Records supplied section start

-- ===== src/Examples.antt =====
-- Concrete values and runs of the code of xdrpp.
pub mod Data
pub mod Codec
pub mod Sockets
pub mod Calls
pub mod Rpc
pub mod Events
pub mod Timeouts
pub mod Streams
pub mod Texts
pub mod Async
pub mod Comparing
pub mod Ini
pub mod Objects
pub mod Threads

Records supplied section end

▶ **Your instructions**: The records given above are to be repeated in full, exactly.

▶ **Answer to this exercise**:
-- ===== src/Examples.antt =====
-- Concrete values and runs of the code of xdrpp.
pub mod Data
pub mod Codec
pub mod Sockets
pub mod Calls
pub mod Rpc
pub mod Events
pub mod Timeouts
pub mod Streams
pub mod Texts
pub mod Async
pub mod Comparing
pub mod Ini
pub mod Objects
pub mod Threads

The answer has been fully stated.